■ Work task
Filter these entries so that only lines with the word "RangeComparison" remain.

(Exercise inputs Opens)

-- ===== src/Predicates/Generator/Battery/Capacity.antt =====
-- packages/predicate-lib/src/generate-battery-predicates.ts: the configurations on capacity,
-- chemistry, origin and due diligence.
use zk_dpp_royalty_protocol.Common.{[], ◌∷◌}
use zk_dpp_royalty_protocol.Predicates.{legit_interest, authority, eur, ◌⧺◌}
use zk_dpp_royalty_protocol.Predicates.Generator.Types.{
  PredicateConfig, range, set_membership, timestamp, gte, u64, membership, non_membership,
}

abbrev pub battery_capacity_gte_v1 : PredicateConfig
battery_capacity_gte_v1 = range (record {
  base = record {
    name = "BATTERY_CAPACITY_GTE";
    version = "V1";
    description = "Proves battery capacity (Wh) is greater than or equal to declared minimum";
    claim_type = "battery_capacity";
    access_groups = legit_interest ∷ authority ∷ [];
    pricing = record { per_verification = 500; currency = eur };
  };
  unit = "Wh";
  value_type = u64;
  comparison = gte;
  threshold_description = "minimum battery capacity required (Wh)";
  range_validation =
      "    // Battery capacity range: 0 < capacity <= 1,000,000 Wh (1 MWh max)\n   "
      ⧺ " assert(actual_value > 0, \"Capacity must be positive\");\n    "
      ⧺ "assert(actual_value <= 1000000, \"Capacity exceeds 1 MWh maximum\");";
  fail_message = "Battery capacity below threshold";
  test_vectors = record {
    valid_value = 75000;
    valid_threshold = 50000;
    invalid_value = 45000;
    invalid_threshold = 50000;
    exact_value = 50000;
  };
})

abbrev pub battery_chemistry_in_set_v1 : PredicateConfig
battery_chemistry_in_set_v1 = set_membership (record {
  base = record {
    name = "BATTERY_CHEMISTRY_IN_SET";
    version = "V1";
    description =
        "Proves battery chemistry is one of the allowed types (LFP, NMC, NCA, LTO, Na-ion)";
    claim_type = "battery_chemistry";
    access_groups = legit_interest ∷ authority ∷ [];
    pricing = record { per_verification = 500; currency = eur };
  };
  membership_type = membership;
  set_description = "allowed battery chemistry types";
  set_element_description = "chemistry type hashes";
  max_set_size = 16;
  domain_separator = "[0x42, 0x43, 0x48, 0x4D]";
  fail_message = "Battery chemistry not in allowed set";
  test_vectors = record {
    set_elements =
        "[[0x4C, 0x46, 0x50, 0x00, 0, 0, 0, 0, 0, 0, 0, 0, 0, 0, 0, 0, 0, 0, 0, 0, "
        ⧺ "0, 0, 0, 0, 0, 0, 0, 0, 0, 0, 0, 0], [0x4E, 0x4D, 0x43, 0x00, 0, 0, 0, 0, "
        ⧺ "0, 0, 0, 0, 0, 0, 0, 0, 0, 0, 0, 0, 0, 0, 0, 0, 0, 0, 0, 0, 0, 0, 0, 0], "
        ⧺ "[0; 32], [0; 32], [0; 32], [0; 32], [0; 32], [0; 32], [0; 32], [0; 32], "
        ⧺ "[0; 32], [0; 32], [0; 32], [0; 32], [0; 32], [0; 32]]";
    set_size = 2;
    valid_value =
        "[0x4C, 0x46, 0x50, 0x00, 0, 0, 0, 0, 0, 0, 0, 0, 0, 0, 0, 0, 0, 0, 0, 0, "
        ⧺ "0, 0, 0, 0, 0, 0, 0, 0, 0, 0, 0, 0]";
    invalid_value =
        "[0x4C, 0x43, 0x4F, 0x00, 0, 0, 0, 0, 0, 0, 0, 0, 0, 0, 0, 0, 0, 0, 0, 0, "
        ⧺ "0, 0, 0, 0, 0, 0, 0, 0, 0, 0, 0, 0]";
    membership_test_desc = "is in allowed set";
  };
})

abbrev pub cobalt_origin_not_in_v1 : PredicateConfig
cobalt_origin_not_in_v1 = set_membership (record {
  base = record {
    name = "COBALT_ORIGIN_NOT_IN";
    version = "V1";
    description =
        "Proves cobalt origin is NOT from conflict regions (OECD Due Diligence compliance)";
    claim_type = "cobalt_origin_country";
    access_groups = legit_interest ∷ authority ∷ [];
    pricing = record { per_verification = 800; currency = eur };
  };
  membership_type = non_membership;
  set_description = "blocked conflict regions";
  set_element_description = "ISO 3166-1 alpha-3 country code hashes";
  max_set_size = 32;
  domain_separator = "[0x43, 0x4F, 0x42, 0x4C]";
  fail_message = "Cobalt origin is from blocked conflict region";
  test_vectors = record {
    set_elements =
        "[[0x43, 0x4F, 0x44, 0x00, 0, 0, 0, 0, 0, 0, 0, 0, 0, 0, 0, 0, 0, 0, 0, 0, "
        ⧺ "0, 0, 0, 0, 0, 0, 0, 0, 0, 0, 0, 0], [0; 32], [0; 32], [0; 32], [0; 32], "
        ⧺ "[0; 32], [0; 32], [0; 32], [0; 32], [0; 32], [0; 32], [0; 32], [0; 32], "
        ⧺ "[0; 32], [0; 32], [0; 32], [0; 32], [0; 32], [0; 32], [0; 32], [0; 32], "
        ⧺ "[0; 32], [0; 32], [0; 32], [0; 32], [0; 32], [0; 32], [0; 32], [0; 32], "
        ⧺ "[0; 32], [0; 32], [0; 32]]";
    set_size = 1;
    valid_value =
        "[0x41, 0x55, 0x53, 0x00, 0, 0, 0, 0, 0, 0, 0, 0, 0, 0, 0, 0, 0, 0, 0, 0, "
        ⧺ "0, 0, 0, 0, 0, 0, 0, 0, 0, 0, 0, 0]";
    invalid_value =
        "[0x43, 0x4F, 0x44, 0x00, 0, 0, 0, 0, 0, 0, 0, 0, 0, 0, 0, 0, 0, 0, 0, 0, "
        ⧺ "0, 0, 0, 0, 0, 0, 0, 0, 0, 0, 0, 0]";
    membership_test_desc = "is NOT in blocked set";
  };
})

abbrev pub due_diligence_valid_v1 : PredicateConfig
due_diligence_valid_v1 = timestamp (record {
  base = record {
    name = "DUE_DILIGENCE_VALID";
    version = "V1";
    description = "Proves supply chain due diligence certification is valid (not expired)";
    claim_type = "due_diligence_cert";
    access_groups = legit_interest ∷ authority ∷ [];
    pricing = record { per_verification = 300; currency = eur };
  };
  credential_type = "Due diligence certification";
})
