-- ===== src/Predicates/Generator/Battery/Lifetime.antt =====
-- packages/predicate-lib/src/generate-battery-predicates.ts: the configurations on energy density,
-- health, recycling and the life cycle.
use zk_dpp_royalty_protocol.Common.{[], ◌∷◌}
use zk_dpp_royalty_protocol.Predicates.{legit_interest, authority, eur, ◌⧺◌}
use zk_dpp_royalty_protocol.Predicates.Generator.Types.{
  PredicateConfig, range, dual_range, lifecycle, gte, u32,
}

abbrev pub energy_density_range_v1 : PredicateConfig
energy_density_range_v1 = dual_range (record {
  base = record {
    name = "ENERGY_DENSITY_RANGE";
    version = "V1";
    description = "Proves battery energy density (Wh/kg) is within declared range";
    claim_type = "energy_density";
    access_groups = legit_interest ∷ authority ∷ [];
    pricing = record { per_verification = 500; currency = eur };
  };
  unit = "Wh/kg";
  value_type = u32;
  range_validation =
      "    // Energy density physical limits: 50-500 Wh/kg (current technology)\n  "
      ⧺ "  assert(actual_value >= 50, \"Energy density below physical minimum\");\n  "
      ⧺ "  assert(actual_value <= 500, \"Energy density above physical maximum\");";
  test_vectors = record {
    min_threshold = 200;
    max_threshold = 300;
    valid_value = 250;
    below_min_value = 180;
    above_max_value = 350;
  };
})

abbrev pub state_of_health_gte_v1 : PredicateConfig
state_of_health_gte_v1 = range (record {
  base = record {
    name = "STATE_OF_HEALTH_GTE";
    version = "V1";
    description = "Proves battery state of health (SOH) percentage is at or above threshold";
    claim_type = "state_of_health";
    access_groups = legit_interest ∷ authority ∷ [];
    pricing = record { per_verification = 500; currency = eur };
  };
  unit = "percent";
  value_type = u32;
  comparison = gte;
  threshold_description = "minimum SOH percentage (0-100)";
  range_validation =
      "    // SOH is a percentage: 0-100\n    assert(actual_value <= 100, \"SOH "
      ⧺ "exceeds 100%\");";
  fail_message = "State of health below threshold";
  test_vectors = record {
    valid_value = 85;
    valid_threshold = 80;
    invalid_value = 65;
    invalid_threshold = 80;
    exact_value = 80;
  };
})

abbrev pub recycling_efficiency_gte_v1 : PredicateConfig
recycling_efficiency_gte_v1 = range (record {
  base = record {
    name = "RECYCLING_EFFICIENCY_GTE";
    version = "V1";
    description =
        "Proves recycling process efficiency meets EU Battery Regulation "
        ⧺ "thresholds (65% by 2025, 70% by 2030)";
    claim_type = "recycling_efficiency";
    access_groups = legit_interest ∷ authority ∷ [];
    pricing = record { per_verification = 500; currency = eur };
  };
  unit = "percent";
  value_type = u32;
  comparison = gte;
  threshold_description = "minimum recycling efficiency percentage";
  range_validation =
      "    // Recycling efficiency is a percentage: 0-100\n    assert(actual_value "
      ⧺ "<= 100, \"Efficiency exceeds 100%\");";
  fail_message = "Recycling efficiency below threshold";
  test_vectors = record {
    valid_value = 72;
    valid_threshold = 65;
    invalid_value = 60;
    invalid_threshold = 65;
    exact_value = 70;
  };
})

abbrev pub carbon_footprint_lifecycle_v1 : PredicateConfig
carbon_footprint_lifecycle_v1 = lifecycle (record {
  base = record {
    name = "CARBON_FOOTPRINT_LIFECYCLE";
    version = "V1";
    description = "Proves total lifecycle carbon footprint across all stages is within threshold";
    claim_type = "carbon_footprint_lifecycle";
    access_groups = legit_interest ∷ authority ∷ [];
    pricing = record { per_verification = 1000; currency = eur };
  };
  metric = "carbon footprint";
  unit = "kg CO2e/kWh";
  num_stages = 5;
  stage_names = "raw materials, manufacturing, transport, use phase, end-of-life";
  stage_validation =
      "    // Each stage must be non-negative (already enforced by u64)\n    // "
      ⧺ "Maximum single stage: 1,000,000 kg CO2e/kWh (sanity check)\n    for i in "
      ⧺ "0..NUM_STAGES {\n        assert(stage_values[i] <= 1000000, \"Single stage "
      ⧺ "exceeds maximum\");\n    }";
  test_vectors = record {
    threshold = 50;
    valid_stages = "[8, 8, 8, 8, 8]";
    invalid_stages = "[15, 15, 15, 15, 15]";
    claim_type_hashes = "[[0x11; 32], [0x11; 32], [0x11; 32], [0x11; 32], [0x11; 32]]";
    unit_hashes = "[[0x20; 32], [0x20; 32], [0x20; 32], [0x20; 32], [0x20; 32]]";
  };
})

(Exercise inputs Closes)
(Exercise inputs Opens)

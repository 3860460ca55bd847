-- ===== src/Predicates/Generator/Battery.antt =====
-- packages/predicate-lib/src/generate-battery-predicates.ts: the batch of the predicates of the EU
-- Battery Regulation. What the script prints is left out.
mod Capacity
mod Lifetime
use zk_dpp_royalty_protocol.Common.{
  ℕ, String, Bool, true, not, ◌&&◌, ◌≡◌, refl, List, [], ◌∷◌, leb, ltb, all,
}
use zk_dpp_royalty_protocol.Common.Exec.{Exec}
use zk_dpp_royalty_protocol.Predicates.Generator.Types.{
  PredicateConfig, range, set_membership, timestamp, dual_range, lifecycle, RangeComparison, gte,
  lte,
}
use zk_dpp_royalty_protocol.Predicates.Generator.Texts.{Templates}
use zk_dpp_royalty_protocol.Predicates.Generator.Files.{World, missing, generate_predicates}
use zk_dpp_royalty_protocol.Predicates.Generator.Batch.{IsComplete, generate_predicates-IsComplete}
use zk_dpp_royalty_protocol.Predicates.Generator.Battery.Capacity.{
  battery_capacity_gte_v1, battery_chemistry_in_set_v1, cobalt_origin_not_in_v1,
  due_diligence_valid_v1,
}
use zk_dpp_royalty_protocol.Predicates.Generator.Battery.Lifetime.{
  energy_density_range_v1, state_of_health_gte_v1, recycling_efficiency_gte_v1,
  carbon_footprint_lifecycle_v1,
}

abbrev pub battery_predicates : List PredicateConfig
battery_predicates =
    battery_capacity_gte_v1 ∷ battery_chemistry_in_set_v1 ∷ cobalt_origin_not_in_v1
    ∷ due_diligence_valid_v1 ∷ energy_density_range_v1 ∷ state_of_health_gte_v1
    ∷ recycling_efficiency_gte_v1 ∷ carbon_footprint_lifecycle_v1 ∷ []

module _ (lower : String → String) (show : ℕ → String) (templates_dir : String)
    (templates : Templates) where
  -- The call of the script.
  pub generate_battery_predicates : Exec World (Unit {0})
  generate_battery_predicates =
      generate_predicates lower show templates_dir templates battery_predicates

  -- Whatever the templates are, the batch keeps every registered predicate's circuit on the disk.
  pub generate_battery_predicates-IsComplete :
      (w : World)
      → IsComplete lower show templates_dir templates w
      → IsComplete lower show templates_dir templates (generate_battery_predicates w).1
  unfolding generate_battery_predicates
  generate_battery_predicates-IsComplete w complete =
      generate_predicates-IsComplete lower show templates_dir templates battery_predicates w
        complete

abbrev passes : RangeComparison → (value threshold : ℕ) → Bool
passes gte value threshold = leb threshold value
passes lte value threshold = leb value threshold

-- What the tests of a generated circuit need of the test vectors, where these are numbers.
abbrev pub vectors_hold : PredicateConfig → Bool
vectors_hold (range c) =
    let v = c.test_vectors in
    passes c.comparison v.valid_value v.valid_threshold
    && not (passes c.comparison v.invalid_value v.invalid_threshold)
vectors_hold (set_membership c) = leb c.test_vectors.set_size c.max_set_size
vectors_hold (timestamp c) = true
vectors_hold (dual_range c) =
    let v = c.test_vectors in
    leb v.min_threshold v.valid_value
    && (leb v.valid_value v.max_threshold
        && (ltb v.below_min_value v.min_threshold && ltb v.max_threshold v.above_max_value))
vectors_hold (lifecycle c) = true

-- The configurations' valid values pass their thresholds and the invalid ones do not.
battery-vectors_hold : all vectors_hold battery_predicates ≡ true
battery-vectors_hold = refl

(Exercise inputs Closes)

■ Response area
  PredicateConfig, range, set_membership, timestamp, dual_range, lifecycle, RangeComparison, gte,
abbrev passes : RangeComparison → (value threshold : ℕ) → Bool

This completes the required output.